The combination of low vacancies, increasing rental rates, and affordable properties makes this the perfect time to own rental real estate. In today’s market, you have the potential for strong and long-term cash flow combined with the promise of future appreciation.
If you’re thinking about acquiring properties to hold as rentals, here are 7 suggestions and precautions:
- Buy in areas you know. Don’t guess about an area or purchase in a location someone suggests; know your market. Pick two or three nearby neighborhoods with good schools and convenient shopping. Areas you know are the best for keeping up with statistics such as crime, property values, rental and vacancy rates.
- Own properties near where you live. This makes filling and maintaining properties much easier. You want something near because you’ll be driving by, especially when vacant, to check on the property, to put out signs when marketing, to meet potential tenants and, if you plan to manage it yourself, possibly to do repairs.
- Buy three bedroom / two bath or larger. It’s hard to find a tenant anymore who is satisfied with only one bathroom. Even single residents prefer at least an additional half bath for guests. And two bedrooms are much harder to rent than three. Most of your potential clients will have children, and even single people or couples without children want extra space for guests or to use as office, storage, or exercise space.

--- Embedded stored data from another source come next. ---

-- ===== src/Chat/Pipe/Lock.antt =====
-- The threads of A5/Chatroom/src/MessagePipe.cc: `getMessage` by the thread of `loop_dispatch`,
-- number 0, and `putMessage` by the threads of the clients, from 1 on. Each access to the lock and
-- to the FIFO is one step. The steps of `open`, `read` and `write` follow the FIFO's documented
-- behaviour: `open` waits for the other side, and `read` waits for data as long as the FIFO is open
-- for writing, and returns nothing where it is not. A message is written and read as a whole.
pub mod Exclusion
pub mod Deadlock
use aip_pkussm.Prelude.{update, ℕ, zero, suc, ◌+◌, ◌-◌, ◌<◌, ◌≡◌, ◌≢◌, ◌⊎◌, Bool, true, false}

-- Where a thread stands in its method.
pub data Pc : Type 0 where
  idle : Pc
  opening : Pc  -- in `open`
  spinning : Pc  -- at the `while` over `atomic_exchange_explicit`
  holding : Pc  -- before `write`, or before the two calls of `read`
  leaving : Pc  -- before `atomic_store_explicit (&lock, false, …)`

pub record Pipe : Type 0 where
  pub lock : Bool
  pub fifo : ℕ  -- messages in the FIFO
  pub pc : ℕ → Pc

abbrev pub critical : Pc → Bool
critical holding = true
critical leaving = true
critical _ = false

-- Has the FIFO open.
abbrev pub is_open : Pc → Bool
is_open spinning = true
is_open holding = true
is_open leaving = true
is_open _ = false

-- One is the reader and the other a writer.
abbrev pub ArePeers : ℕ → ℕ → Type 0
ArePeers i j = (i ≢ j) × ((i ≡ 0) ⊎ (j ≡ 0))

-- One step of one thread. `open` may fail only where `may_fail` says so.
pub data Step (may_fail : Bool) (s : Pipe) : Pipe → Type 0 where
  start : (i : ℕ) → s.pc i ≡ idle → Step may_fail s (record s { pc = update s.pc i opening })
  opened :
      (i j : ℕ)
      → s.pc i ≡ opening
      → ArePeers i j
      → s.pc j ≢ idle
      → Step may_fail s (record s { pc = update s.pc i spinning })
  open_failed :
      (i : ℕ)
      → may_fail ≡ true
      → s.pc i ≡ opening
      → Step may_fail s (record s { lock = false; pc = update s.pc i idle })
  spin : (i : ℕ) → s.pc i ≡ spinning → s.lock ≡ true → Step may_fail s s
  acquire :
      (i : ℕ)
      → s.pc i ≡ spinning
      → s.lock ≡ false
      → Step may_fail s (record s { lock = true; pc = update s.pc i holding })
  write :
      (i : ℕ)
      → s.pc (suc i) ≡ holding
      → Step may_fail s (record s { fifo = s.fifo + 1; pc = update s.pc (suc i) leaving })
  read :
      s.pc 0 ≡ holding
      → 0 < s.fifo
      → Step may_fail s (record s { fifo = s.fifo - 1; pc = update s.pc 0 leaving })
  read_end :
      s.pc 0 ≡ holding
      → s.fifo ≡ 0
      → ((j : ℕ) → is_open (s.pc (suc j)) ≡ false)
      → Step may_fail s (record s { pc = update s.pc 0 leaving })
  release :
      (i : ℕ)
      → s.pc i ≡ leaving
      → Step may_fail s (record s { lock = false; pc = update s.pc i idle })

-- After the constructor.
abbrev pub init : Pipe
init = record { lock = false; fifo = 0; pc = λ i. idle }

pub data Reach (may_fail : Bool) (s : Pipe) : Pipe → Type 0 where
  here : Reach may_fail s s
  next : {t u : Pipe} → Reach may_fail s t → Step may_fail t u → Reach may_fail s u
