-- ===== src/Chat/Pipe/Lock/Deadlock.antt =====
-- The reader of MessagePipe takes the lock before it reads, and keeps the writers from writing.
use aip_pkussm.Prelude.{update, ℕ, zero, suc, ◌≡◌, ◌≢◌, inl, inr, refl, true, false, arith}
use aip_pkussm.Chat.Pipe.Lock.{
  Pc, idle, opening, spinning, holding, leaving, Pipe, critical, Step, start, opened, open_failed,
  spin, acquire, write, read, read_end, release, init, Reach, here, next,
}

-- The reader holds the lock and waits in `read` on an empty FIFO, which writer `j` has open while
-- it spins.
pub record IsStuck (j : ℕ) (s : Pipe) : Type 0 where
  pub reader : s.pc 0 ≡ holding
  pub no_data : s.fifo ≡ 0
  pub taken : s.lock ≡ true
  pub writer : s.pc (suc j) ≡ spinning
  pub no_writer_in : (i : ℕ) → critical (s.pc (suc i)) ≡ false

IsStuck-move :
    {j : ℕ} {s : Pipe} (i : ℕ) (p : Pc)
    → IsStuck j s
    → i ≢ 0
    → i ≢ suc j
    → critical p ≡ false
    → IsStuck j (record s { pc = update s.pc i p })
IsStuck-move {j} {s} i p v a b c = record {
  reader = ground (arith, v.reader);
  no_data = v.no_data;
  taken = v.taken;
  writer = ground (arith, v.writer);
  no_writer_in = λ x. ground (arith, v.no_writer_in x);
}

not_stuck : {j : ℕ} {s : Pipe} (i : ℕ) → IsStuck j s → s.pc i ≡ leaving → ⊥
not_stuck zero v e = cc v.reader
not_stuck (suc i) v e = ground (arith, v.no_writer_in i)

IsStuck-step : {j : ℕ} {s t : Pipe} → Step false s t → IsStuck j s → IsStuck j t
IsStuck-step (start i e) v =
    IsStuck-move i opening v (λ z. ground (arith, v.reader)) (λ z. ground (arith, v.writer)) refl
IsStuck-step (opened i k e p o) v =
    IsStuck-move i spinning v (λ z. ground (arith, v.reader)) (λ z. ground (arith, v.writer)) refl
IsStuck-step (open_failed i f e) v = cc
IsStuck-step (spin i e l) v = v
IsStuck-step (acquire i e l) v = cc v.taken
IsStuck-step (write i e) v = ground (arith, v.no_writer_in i)
IsStuck-step (read e l) v = absurd (omega (arith, v.no_data))
IsStuck-step {j} (read_end e l o) v = ground (arith, o j, v.writer)
IsStuck-step (release i e) v = absurd (not_stuck i v e)

-- A state in which the reader holds the lock and waits on an empty FIFO, a writer spins at the lock
-- and no writer is behind it stays so for ever: whatever the threads do from there, as long as no
-- `open` fails.
pub stuck_for_ever : {j : ℕ} {s t : Pipe} → IsStuck j s → Reach false s t → IsStuck j t
stuck_for_ever v here = v
stuck_for_ever v (next r st) = IsStuck-step st (stuck_for_ever v r)

abbrev steps_to_stuck : ℕ → Pipe
steps_to_stuck j = record {
  lock = true;
  fifo = 0;
  pc =
      update
        (update (update (update (update (λ i. idle) 0 opening) (suc j) opening) 0 spinning) (suc j)
          spinning)
        0 holding;
}

-- From the start, with no `open` failing, the reader and any one writer can come to the state in
-- which the reader holds the lock and waits on an empty FIFO, the writer has it open and spins at
-- the lock, and no writer is behind the lock.
pub stuck_is_reachable : (j : ℕ) → (s : Pipe) × Reach false init s × IsStuck j s
stuck_is_reachable j = (
  steps_to_stuck j,
  next
      (next
        (next (next (next here (start 0 refl)) (start (suc j) (ground arith)))
          (opened 0 (suc j) (ground arith) (ground arith, inl refl) (ground arith)))
        (opened (suc j) 0 (ground arith) (ground arith, inr refl) (ground arith)))
      (acquire 0 (ground arith) refl),
  record {
    reader = ground arith;
    no_data = refl;
    taken = refl;
    writer = ground arith;
    no_writer_in = λ i. ground arith;
  },
)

- Make sure your property will cash flow at least $200 per month. Before you purchase, know all of your costs to own the property and be sure you can get at least $200 more than that for your rent. $200 “profit” per month won’t make you rich today. That money is to cover your costs of owning such as: new hot water heater; new roof; new carpet and paint when a tenant moves out; etc.
- Don’t buy unless it cash flows from the day you purchase. One of our mottos, “Never bet on the future.” Don’t buy because rents will go up in the future. They may, but that doesn’t help you out at all today. Don’t buy because the house will be worth more in the future. It may be, but that kind of speculation hurt a lot of people over the past five to seven years. There are plenty of great deals out there that will cash flow from the day you purchase. If you’re looking at one that won’t, move on.
- Don’t tie up a lot of cash in a property you’re planning to hold onto. This is for beginners. As investors, we recommend that investors flip any properties they have a lot of cash in, and use that cash from one property to buy several additional properties. This is such a wonderful time to acquire rentals at great prices and to allow tenants to pay down the mortgages over time. Especially when looking at distressed properties (properties that need a lot of fix-up), buy those at enough discount to allow for the necessary repairs and resell at a quick profit.
- Recognize that wealth in real estate comes over time. As stated earlier, you won’t get wealthy today from the cash flow off your rentals. What will create long-term, lasting wealth is having all the mortgages paid down over time, getting the tax write-offs rental properties provide, and increasing cash flow as you owe less year after year while rents continue to increase.
Landlording may not make you rich today but, over time, it is probably the number one wealth creator in this country.